Complaints aside, I’m not a huge fan of Kira’s mom. I think she’s kind of a b*tch basically. So, I’d be lying if I didn’t cheer just a little bit when Nogitsu-Stiles smiled smarmily at his sort-of / kind-of erstwhile ex girlfriend, while he flaunted her army of former minions in her face. That’s what you get for being cocky, Mommy Dearest.
Time for this week’s fight scene. And ooh, I’ve gotta say, this one is a doozy.
Stiles finds Lydia and to say she is unhappy to be rescued is an understatement. Not that the girl is ungrateful, per say, it’s just that she was pretty confident the death that she was feeling was Nogitsu-Stiles. But now that all her friends are here fighting for her honor, well . . .
Let’s just say she’s rightfully got a bad feeling about this.
While Real Stiles takes a much deserved other nap (Dude really did spend most of this season asleep, didn’t he?) . . .
. . . the rest of the gang takes another shot at the now fully-recharged evil Oni. And they get slaughtered!
“Homework is looking pretty good right now.”

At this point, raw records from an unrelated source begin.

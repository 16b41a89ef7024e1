-- ===== src/Receipts/Ageing.antt =====
-- `record_miss` of src/orphan_reconcile/repo.rs, and what the run of
-- src/orphan_reconcile/reconcile.rs reports of it.
use messgr.Base.{
  ℕ, ◌+◌, ◌≡◌, refl, ap, ◌∙◌, inl, inr, Bool, true, false, not, none, List, [], ◌∷◌, arith, leb,
  if◌then◌else◌, ◌==◌, Bool-cases, any, All, nat_eq, string_eq, option_eq, list_eq,
}
use messgr.Store.Tables.{OrphanEvent, Db}
use messgr.Store.Exec.{World, Result, ok, err, Exec, pure, execute, ◌>>◌}
use messgr.Store.Steps.{Ends, Ends-regroup, Ends-execute}
use messgr.Receipts.Repo.{ReceiptError, database, record_miss, count_miss, drop_aged}
use messgr.Receipts.Reconcile.{Keys, count_unmatched, reconcile_one, ReconcileReport}

-- What is left of the row of an id.
abbrev pub missed : ℕ → ℕ → List OrphanEvent → List OrphanEvent
missed id cap [] = []
missed id cap (o ∷ rest) =
    let rows = missed id cap rest in
    if not (o.id == id)
    then o ∷ rows
    else if leb cap (o.reconcile_attempts + 1)
    then rows
    else record o { reconcile_attempts = o.reconcile_attempts + 1 } ∷ rows

miss-missed :
    (id cap : ℕ) (orphans : List OrphanEvent)
    → drop_aged id cap (count_miss id orphans) ≡ missed id cap orphans
unfolding count_miss drop_aged
miss-missed id cap [] = refl
miss-missed id cap (o ∷ rest) = let ih = miss-missed id cap rest in ground (arith, ih)

-- Rows of an id have the attempts that the run read.
abbrev pub SameAttempts : OrphanEvent → List OrphanEvent → Type 0
SameAttempts o rows =
    All (λ (q : OrphanEvent). (q.id == o.id) ≡ true → q.reconcile_attempts ≡ o.reconcile_attempts)
      rows

abbrev pub has_row : ℕ → List OrphanEvent → Bool
has_row id rows = any (λ (q : OrphanEvent). q.id == id) rows

aged_gone :
    (o : OrphanEvent) (cap : ℕ) (rows : List OrphanEvent)
    → SameAttempts o rows
    → leb cap (o.reconcile_attempts + 1) ≡ true
    → has_row o.id (missed o.id cap rows) ≡ false
aged_gone o cap [] h k = refl
aged_gone o cap (q ∷ rest) h k =
    let ih = aged_gone o cap rest h.1 k in
    elim (Bool-cases (q.id == o.id)) [
      | inl e ↦ let same = h.0 e in ground (arith, ih, e, same, k)
      | inr e ↦ ground (arith, ih, e)
    ]

pending_stays :
    (o : OrphanEvent) (cap : ℕ) (rows : List OrphanEvent)
    → SameAttempts o rows
    → leb cap (o.reconcile_attempts + 1) ≡ false
    → missed o.id cap rows ≡ count_miss o.id rows
unfolding count_miss
pending_stays o cap [] h k = refl
pending_stays o cap (q ∷ rest) h k =
    let ih = pending_stays o cap rest h.1 k in
    elim (Bool-cases (q.id == o.id)) [
      | inl e ↦ let same = h.0 e in ground (arith, ih, e, same, k)
      | inr e ↦ ground (arith, ih, e)
    ]

abbrev pub with_orphans : Db → List OrphanEvent → Db
with_orphans db rows = record db { orphans = rows }

-- The table and the report after an orphan without a match: nothing happened, its attempts were
-- counted and the second statement failed, or both statements ran.
pub data Missed (o : OrphanEvent) (cap : ℕ) (report : ReconcileReport) (v : World)
    : Result ReceiptError ReconcileReport → World → Type 0 where
  uncounted : {w : World} → w.db ≡ v.db → Missed o cap report v (err database) w
  counted :
      {w : World}
      → w.db ≡ with_orphans v.db (count_miss o.id v.db.orphans)
      → Missed o cap report v (err database) w
  aged :
      {w : World}
      → w.db ≡ with_orphans v.db (missed o.id cap v.db.orphans)
      → has_row o.id w.db.orphans ≡ false
      → Missed o cap report v (ok (record report { aged_out = report.aged_out + 1 })) w
  stayed :
      {w : World}
      → w.db ≡ with_orphans v.db (count_miss o.id v.db.orphans)
      → Missed o cap report v (ok (record report { still_pending = report.still_pending + 1 })) w

module _ (keys : Keys) (cap : ℕ) (o : OrphanEvent) (report : ReconcileReport) (v : World) where
  both_ran :
      (w : World)
      → SameAttempts o v.db.orphans
      → w.db ≡ with_orphans v.db (drop_aged o.id cap (count_miss o.id v.db.orphans))
      → Missed o cap report v (ok (count_unmatched cap o report)) w
  both_ran w same d =
      let is = d ∙ ap (with_orphans v.db) (miss-missed o.id cap v.db.orphans) in
      elim (Bool-cases (leb cap (o.reconcile_attempts + 1))) [
        | inl late ↦ rw late (
            aged is (
              ap (λ (db : Db). has_row o.id db.orphans) is
              ∙ aged_gone o cap v.db.orphans same late))
        | inr early ↦
            rw early
              (stayed (is ∙ ap (with_orphans v.db) (pending_stays o cap v.db.orphans same early)))
      ]

  -- An orphan without a match whose rows have the attempts that the run read: on success its row is
  -- gone exactly when the report counts it as aged out and is kept with one attempt more otherwise,
  -- and no other row changes. On an error nothing happened, or the attempt is counted and the row kept.
  pub reconcile_one-Missed :
      SameAttempts o v.db.orphans
      → Ends (Missed o cap report v) (reconcile_one keys cap o none report) v
  unfolding record_miss
  reconcile_one-Missed same = Ends-regroup (Missed o cap report v) second (pure counts) first v (
      Ends-execute (Missed o cap report v) database _ (second >> pure counts) v
        (λ w k. uncounted k.db)
        (λ w c.
          Ends-execute (Missed o cap report v) database _ (pure counts) w
            (λ u k. counted (k.db ∙ c.db))
            (λ u d.
              both_ran u same
                (d.db ∙ ap (λ (db : Db). with_orphans db (drop_aged o.id cap db.orphans)) c.db))))
    where
      counts : ReconcileReport
      counts = count_unmatched cap o report

      first : Exec ReceiptError (Unit {0})
      first = execute database (λ db. with_orphans db (count_miss o.id db.orphans))

      second : Exec ReceiptError (Unit {0})
      second = execute database (λ db. with_orphans db (drop_aged o.id cap db.orphans))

In a surprise twist, Allison figures out, almost by accident that they key to killing the Oni are the same silver-tipped arrowheads she fashioned just hours earlier.
Annnnnd . .. then she gets her tummy sliced in half by an Oni Sword. Isn’t that always how things work out?
A horrified Scott rushes to Allison’s side only to realize that she is basically already gone. He can’t even take away her pain, because she feels nothing. In her tearfully poignant final monologue, Allison declares Scott as her first and always love . . .
(Sorry Isaac! Maybe it would have been better off if she did bone the fly.)
She also pleas that Scott tell her father something . . . but she dies before she can say what that something is. I’m thinking her message for dad has to do with the Oni-killing arrowheads. Allison must have put something different in them to make them the effective weapons they were. I suspect this “secret” will come into play in next week’s finale.
But for now, we mourn Allison Argent, the third member of the Argent clan to meet an untimely demise, and the first to actually die as a pretty darn decent person . . .
Why do I have the terrible feeling that old evil Gramps is going to outlive them all . . .
Next week on Teen Wolf, the Season of Nogitsu-Stiles will reach its stunning conclusion, and another pack member will, unfortunately, kick the wolfsbane bucket.
Any guesses as to which Beacon Hills resident shouldn’t be buying any green bananas?